# How much is the Master License worth???



## Sparkman1234

Today my boss propositioned using my Master's license. Long story short, he is buying the company, doesn't have his masters license, and is using the previous owner's license until the company is paid off. This works because the previous owner is technically a full time employee until the company is completely bought off, which will expire soon. 

The problem that I have is that I have started my own small company on the side to make a little extra money legit, and I would have to throw that out the window in order to be on board with this. Someone, who I respect a lot told me that I should never let someone else use my license unless that put a large price on it. The question is, what do you guys think it's worth? Another note: I haven't told my boss that I've started my own company either. I wonder if he ever browses this board? I'm thinking I'll find out soon if that's the case.

Thanks for your input.


----------



## kbsparky

How much is it worth to you? Master electricians who assign their license to a company can make plenty just by being the company representative. But as you said, you may not be able to operate independently if you do so. 

Check with your business attorney on this aspect, because some jurisdictions do allow a license holder to represent more than one company. But I think the license holder has to be a majority shareholder to do so .... :001_huh:

You could arrange for a specific time period, such as 5 years, with option to renew after that period, or walk away and start your own biz .... just thinking out loud here ...


----------



## B4T

I would never take a chance with my license unless I talked to an attorney and the AHJ who issued the license..

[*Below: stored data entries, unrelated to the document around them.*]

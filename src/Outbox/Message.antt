-- ===== src/Outbox/Message.antt =====
-- struct OutboundMessage, and the retry delay.
use forge_key.Prelude.{ℕ, zero, suc, ◌*◌, Bool, ltb, if◌then◌else◌, Text}

pub record Message : Type 0 where
  pub topic : Text
  pub payload : Text
  pub retain : Bool
  pub critical : Bool
  pub next_attempt_ms : ℕ
  pub attempts : ℕ  -- uint8

-- kOutboundQueueSize, and the longest payload with its terminator
abbrev pub outbound_queue_size : ℕ
outbound_queue_size = 8

abbrev pub payload_limit : ℕ
payload_limit = 768

abbrev pub topic_limit : ℕ
topic_limit = 160

abbrev pub queue_base_backoff_ms : ℕ
queue_base_backoff_ms = 1000

abbrev pub queue_max_backoff_ms : ℕ
queue_max_backoff_ms = 30000

-- The loop of `queueBackoffMs`: `rounds` are left, and it ends early at the maximum.
unfoldable pub double_until : ℕ → ℕ → ℕ
double_until zero backoff = backoff
double_until (suc rounds) backoff =
    let rest = double_until rounds (backoff * 2) in
    if ltb backoff queue_max_backoff_ms then rest else backoff

unfoldable pub queue_backoff_ms : ℕ → ℕ
unfolding double_until
queue_backoff_ms attempts =
    let backoff = double_until attempts queue_base_backoff_ms in
    if ltb queue_max_backoff_ms backoff then queue_max_backoff_ms else backoff
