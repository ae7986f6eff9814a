-- ===== src/Outbox/Flash.antt =====
-- The flash namespace of the queue: `persistCriticalQueue` and `loadCriticalQueue`.
use forge_key.Prelude.{
  ℕ, zero, suc, ◌+◌, ◌/◌, ◌%◌, ◌<◌, ◌≡◌, ◌≢◌, Bool, true, not, Option, none, some, List, [], ◌∷◌,
  ◌++◌, ltb, ◌==◌, if◌then◌else◌, length, Text, codes,
}
use forge_key.Outbox.Message.{Message, outbound_queue_size, payload_limit, topic_limit}

-- The calls of the NVS library on one namespace, over its stored state. A `get_str` is given the
-- size of the buffer that it fills.
pub record NvsApi (Flash : Type 0) : Type 0 where
  pub opens_rw : Flash → Bool
  pub opens_ro : Flash → Bool
  pub erase_all : Flash → Flash
  pub set_str : Text → Text → Flash → Flash
  pub set_u8 : Text → ℕ → Flash → Flash
  pub commit : Flash → Flash
  pub get_str : Text → ℕ → Flash → Option Text
  pub get_u8 : Text → Flash → Option ℕ

-- What the library documents of a namespace that opens and takes its writes: a value is read back
-- under its key if the buffer holds it and its terminator, and no write touches another key.
pub record NvsLaws {Flash : Type 0} (api : NvsApi Flash) : Type 0 where
  pub opens_rw_lem : (f : Flash) → api.opens_rw f ≡ true
  pub opens_ro_lem : (f : Flash) → api.opens_ro f ≡ true
  pub get_str-set_str :
      (k v : Text) (size : ℕ) (f : Flash)
      → length v < size
      → api.get_str k size (api.set_str k v f) ≡ some v
  pub get_str-set_str_ne :
      (j k v : Text) (size : ℕ) (f : Flash)
      → j ≢ k
      → api.get_str j size (api.set_str k v f) ≡ api.get_str j size f
  pub get_str-set_u8 :
      (j k : Text) (n size : ℕ) (f : Flash)
      → j ≢ k
      → api.get_str j size (api.set_u8 k n f) ≡ api.get_str j size f
  pub get_u8-set_u8 : (k : Text) (n : ℕ) (f : Flash) → api.get_u8 k (api.set_u8 k n f) ≡ some n
  pub get_u8-set_u8_ne :
      (j k : Text) (n : ℕ) (f : Flash) → j ≢ k → api.get_u8 j (api.set_u8 k n f) ≡ api.get_u8 j f
  pub get_u8-set_str :
      (j k v : Text) (f : Flash) → j ≢ k → api.get_u8 j (api.set_str k v f) ≡ api.get_u8 j f
  pub get_str-commit :
      (k : Text) (size : ℕ) (f : Flash) → api.get_str k size (api.commit f) ≡ api.get_str k size f
  pub get_u8-commit : (k : Text) (f : Flash) → api.get_u8 k (api.commit f) ≡ api.get_u8 k f

-- `%u` of a uint8_t
pub decimal : ℕ → Text
decimal n =
    if ltb n 10
    then (48 + n) ∷ []
    else if ltb n 100
    then (48 + n / 10) ∷ (48 + n % 10) ∷ []
    else (48 + n / 100) ∷ (48 + n / 10 % 10) ∷ (48 + n % 10) ∷ []

-- snprintf(key, sizeof(key), "t%u", i), and so with p and r
unfoldable pub key : ℕ → ℕ → Text
unfolding decimal
key letter i = letter ∷ decimal i

abbrev pub count_key : Text
count_key = codes "count"

module _ {Flash : Type 0} (api : NvsApi Flash) where
  -- The three values of one stored message.
  unfoldable pub write_entry : ℕ → Message → Flash → Flash
  write_entry i m f =
      api.set_u8 (key b'r' i) (if m.retain then 1 else 0)
        (api.set_str (key b'p' i) m.payload (api.set_str (key b't' i) m.topic f))

  -- The loop of `persistCriticalQueue`: what is stored, and `persisted`.
  unfoldable pub write_entries : ℕ → List Message → Flash → Flash × ℕ
  write_entries persisted [] f = (f, persisted)
  write_entries persisted (m ∷ ms) f =
      let skip = write_entries persisted ms f in
      let store = write_entries (suc persisted) ms (write_entry persisted m f) in
      if ltb persisted outbound_queue_size
      then (if m.critical then store else skip)
      else (f, persisted)

  unfoldable pub persist_critical_queue : List Message → Flash → Flash
  persist_critical_queue queue f =
      if api.opens_rw f
      then (let (stored, persisted) = write_entries 0 queue (api.erase_all f) in
          api.commit (api.set_u8 count_key persisted stored))
      else f

  abbrev restored : Text → Text → ℕ → Message
  restored topic payload retain = record {
    topic = topic;
    payload = payload;
    retain = not (retain == 0);
    critical = true;
    next_attempt_ms = 0;
    attempts = 0;
  }

  -- One round of the loading loop; `none` where it says `continue`.
  unfoldable pub read_entry : ℕ → Flash → Option Message
  read_entry i f = elim (api.get_str (key b't' i) topic_limit f) [
    | none ↦ none
    | some topic ↦ elim (api.get_str (key b'p' i) payload_limit f) [
      | none ↦ none
      | some payload ↦ elim (api.get_u8 (key b'r' i) f) [
        | none ↦ some (restored topic payload 0)
        | some retain ↦ some (restored topic payload retain)
      ]
    ]
  ]

  abbrev pub add_entry : Option Message → List Message → List Message
  add_entry none queue = queue
  add_entry (some m) queue = queue ++ m ∷ []

  unfoldable pub load_entries : ℕ → ℕ → Flash → List Message → List Message
  load_entries zero i f queue = queue
  load_entries (suc rounds) i f queue =
      let rest = load_entries rounds (suc i) f (add_entry (read_entry i f) queue) in
      if ltb (length queue) outbound_queue_size then rest else queue

  -- The queue in memory is kept, and what is stored is added to it.
  unfoldable pub load_critical_queue : Flash → List Message → List Message
  load_critical_queue f queue =
      if api.opens_ro f
      then elim (api.get_u8 count_key f) [
        | none ↦ queue
        | some count ↦
            load_entries (if ltb outbound_queue_size count then outbound_queue_size else count) 0 f
              queue
      ]
      else queue
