-- ===== src/Outbox/Queue.antt =====
-- `enqueueOutbound`, `publishImmediate` and `serviceOutboundQueue`.
use forge_key.Prelude.{
  ℕ, zero, suc, ◌+◌, Bool, true, false, ◌||◌, Option, none, some, List, [], ◌∷◌, ◌++◌, leb,
  if◌then◌else◌, length, Text, codes, is_empty, elapsed, u8, u32,
}
use mathlib.Core.Option
use forge_key.Watchdog.State.{Watchdog, wifi, mqtt}
use forge_key.Watchdog.Ops.{mark_healthy, suspend, resume}
use forge_key.Outbox.Message.{Message, outbound_queue_size, payload_limit, queue_backoff_ms}
use forge_key.Outbox.Flash.{NvsApi, persist_critical_queue, load_critical_queue}

-- The part of MqttClient that the queue works on, with the watchdog and the flash beside it.
pub record Outbox (Flash : Type 0) : Type 0 where
  pub queue : List Message
  pub last_publish_ms : ℕ
  pub watchdog : Watchdog
  pub flash : Flash

-- The index of the first entry that is not critical.
unfoldable pub first_noncritical : List Message → Option ℕ
first_noncritical [] = none
first_noncritical (m ∷ ms) = if m.critical then Option.map suc (first_noncritical ms) else some 0

unfoldable pub remove_at : ℕ → List Message → List Message
remove_at i [] = []
remove_at zero (m ∷ ms) = ms
remove_at (suc i) (m ∷ ms) = m ∷ remove_at i ms

-- Which entry gives way in a full queue, and is it critical; `none` if the new one must give way.
unfoldable pub victim : List Message → Bool → Option (ℕ × Bool)
victim queue critical = elim (first_noncritical queue) [
  | some i ↦ some (i, false)
  | none ↦ if critical then some (0, true) else none
]

abbrev pub new_message : ℕ → Text → Text → Bool → Bool → Message
new_message now topic payload retain critical = record {
  topic = topic;
  payload = payload;
  retain = retain;
  critical = critical;
  next_attempt_ms = now;
  attempts = 0;
}

module _ {Flash : Type 0} (api : NvsApi Flash) where
  -- `persistCriticalQueue` works in a safe section of the watchdog.
  unfoldable pub persist : ℕ → Outbox Flash → Outbox Flash
  persist now s = record s {
    watchdog = resume now (suspend (codes "mqtt_outbox_nvs") s.watchdog);
    flash = persist_critical_queue api s.queue s.flash;
  }

  -- Drops one entry of a full queue.
  unfoldable pub evict : ℕ → ℕ → Bool → Outbox Flash → Outbox Flash
  evict now i was_critical s =
      let dropped = record s { queue = remove_at i s.queue } in
      if was_critical then persist now dropped else dropped

  unfoldable pub push : ℕ → Message → Outbox Flash → Outbox Flash
  push now m s =
      let added = record s { queue = s.queue ++ m ∷ [] } in
      if m.critical then persist now added else added

  unfoldable pub enqueue_outbound :
      ℕ → Text → Text → Bool → Bool → Outbox Flash → Outbox Flash × Bool
  enqueue_outbound now topic payload retain critical s =
      let m = new_message now topic payload retain critical in
      if is_empty topic || leb payload_limit (length payload)
      then (s, false)
      else if leb outbound_queue_size (length s.queue)
      then elim (victim s.queue critical) [
        | none ↦ (s, false)
        | some (i, was_critical) ↦ (push now m (evict now i was_critical s), true)
      ]
      else (push now m s, true)

  unfoldable pub load : Outbox Flash → Outbox Flash
  load s = record s { queue = load_critical_queue api s.flash s.queue }

-- (long)(now - nextAttemptMs) < 0
abbrev pub not_yet : ℕ → Message → Bool
not_yet now m = leb 2147483648 (elapsed now m.next_attempt_ms)

-- A failed attempt: count it, in a byte, and wait.
unfoldable pub retry : ℕ → Message → Message
retry now m = record m {
  attempts = u8 (m.attempts + 1);
  next_attempt_ms = u32 (now + queue_backoff_ms (u8 (m.attempts + 1)));
}

-- What one pass over the queue leaves, what it sent, and whether a critical entry was sent.
pub record Pass : Type 0 where
  pub kept : List Message
  pub sent : List Message
  pub critical_changed : Bool

-- The loop of `serviceOutboundQueue`. `wrote k` is the outcome of the pass's k-th call of
-- `publishImmediate`, which is false where the link is down or the socket refuses.
unfoldable pub pass : ℕ → (ℕ → Bool) → ℕ → List Message → Pass
pass now wrote k [] = record { kept = []; sent = []; critical_changed = false }
pass now wrote k (m ∷ ms) =
    let later = pass now wrote k ms in
    let next = pass now wrote (suc k) ms in
    if not_yet now m
    then record later { kept = m ∷ later.kept }
    else if wrote k
    then record next {
      sent = m ∷ next.sent;
      critical_changed = m.critical || next.critical_changed;
    }
    else record next { kept = retry now m ∷ next.kept }

-- A write that went out refreshes the clock of the last publish and the watchdog's two links.
abbrev pub note_sent : ℕ → List Message → ℕ × Watchdog → ℕ × Watchdog
note_sent now [] s = s
note_sent now (m ∷ ms) (last, w) =
    note_sent now ms (now, mark_healthy now mqtt (mark_healthy now wifi w))

module _ {Flash : Type 0} (api : NvsApi Flash) where
  -- `now` stands for the reading of the pass and for those of its sends and of the persisting.
  unfoldable pub service_outbound_queue : ℕ → Bool → (ℕ → Bool) → Outbox Flash → Outbox Flash
  unfolding persist
  service_outbound_queue now connected wrote s =
      let p = pass now wrote 0 s.queue in
      let (last, watchdog) = note_sent now p.sent (s.last_publish_ms, s.watchdog) in
      let passed = record s { queue = p.kept; last_publish_ms = last; watchdog = watchdog } in
      if connected then (if p.critical_changed then persist api now passed else passed) else s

It is possible you could be breaking laws you don't know about by letting your boss use you like that..


----------



## Island Electric

I think it is worth over a 6 figure salary, a promotion to project manager and leave your tools at home. If you are not getting over 6 figures for 40 hrs he is just using you. Don't forget a company car too.


----------



## wildleg

How big is the shop ? If the boss approached me like that, I might say something like - How about you take me out to (insert nice steakhouse here) next Friday for dinner and we'll talk about it ? Sleep on it for a few days, ask around (like you are doing), talk to the wife, and decide what it is worth to you. IMO it is worth a piece of the action, but that can be a lot of things. Everything is negotiable, and it would be better to do it for less than it's worth than not at all. When you sit down the very 1st thing I would hit him with is the fact that you had planned to go out on your own eventually, and already had everything in place, including your own company and insurance etc, and you will now have to dismantle that in order to do this, so without a piece of the action it wouldn't even be practical, but with a piece of the action you still already have out of pocket expenses that need to be recovered, so I agree with the above idea about maybe a 5 yr contract, profit sharing, and by virtue of some action, maybe you are possibly a partner in 5 yrs or maybe you go your separate ways in 5 yrs. You definitely need a plan and you need to be able to hold up your end of the bargain. JMO


----------



## sbrn33

good post wildleg. I didn't know you had it in ya


----------



## Modern Castle Inc.

In Massachusetts, the licensee has to sit on the board of directors for the company


----------



## hardworkingstiff

In NC, you are responsible and you need to have the final control on the electrical work.


----------



## Sparky J

Do what you think is right for you after considering all options and remember if the [email protected] hits the fan it could possibly (and more than likely) be your ass. Check the rules and reg.s there and cover yourself. Good luck.


----------



## brian john

Talk to a lawyer.


----------



## Podagrower

Well, I'm glad not to be the only one in this situation. Every state has different laws regarding what is required to qualify a company, or more than one company. So finding out whether you can qualify 2 companies is pretty important. If I had to fold my business for my boss to use my license, it would be much more expensive for him. But remember that if either business does something to cause your license to be revoked, both companies may be without a license.


----------



## Outdoorguy

In the state of Texas, you can master for one company and own (and use the master license for) another company as long as long as you own over 50 percent of the company. I had to call the state for that info.


----------



## mdfriday

Do the dinner thing mentioned above. 

Let him know you want to consult with an attorney, insurance agent and accountant. All of these cost *will* be covered by the company. Make sure that all costs pertaining to you "Partnering" will be covered by the company.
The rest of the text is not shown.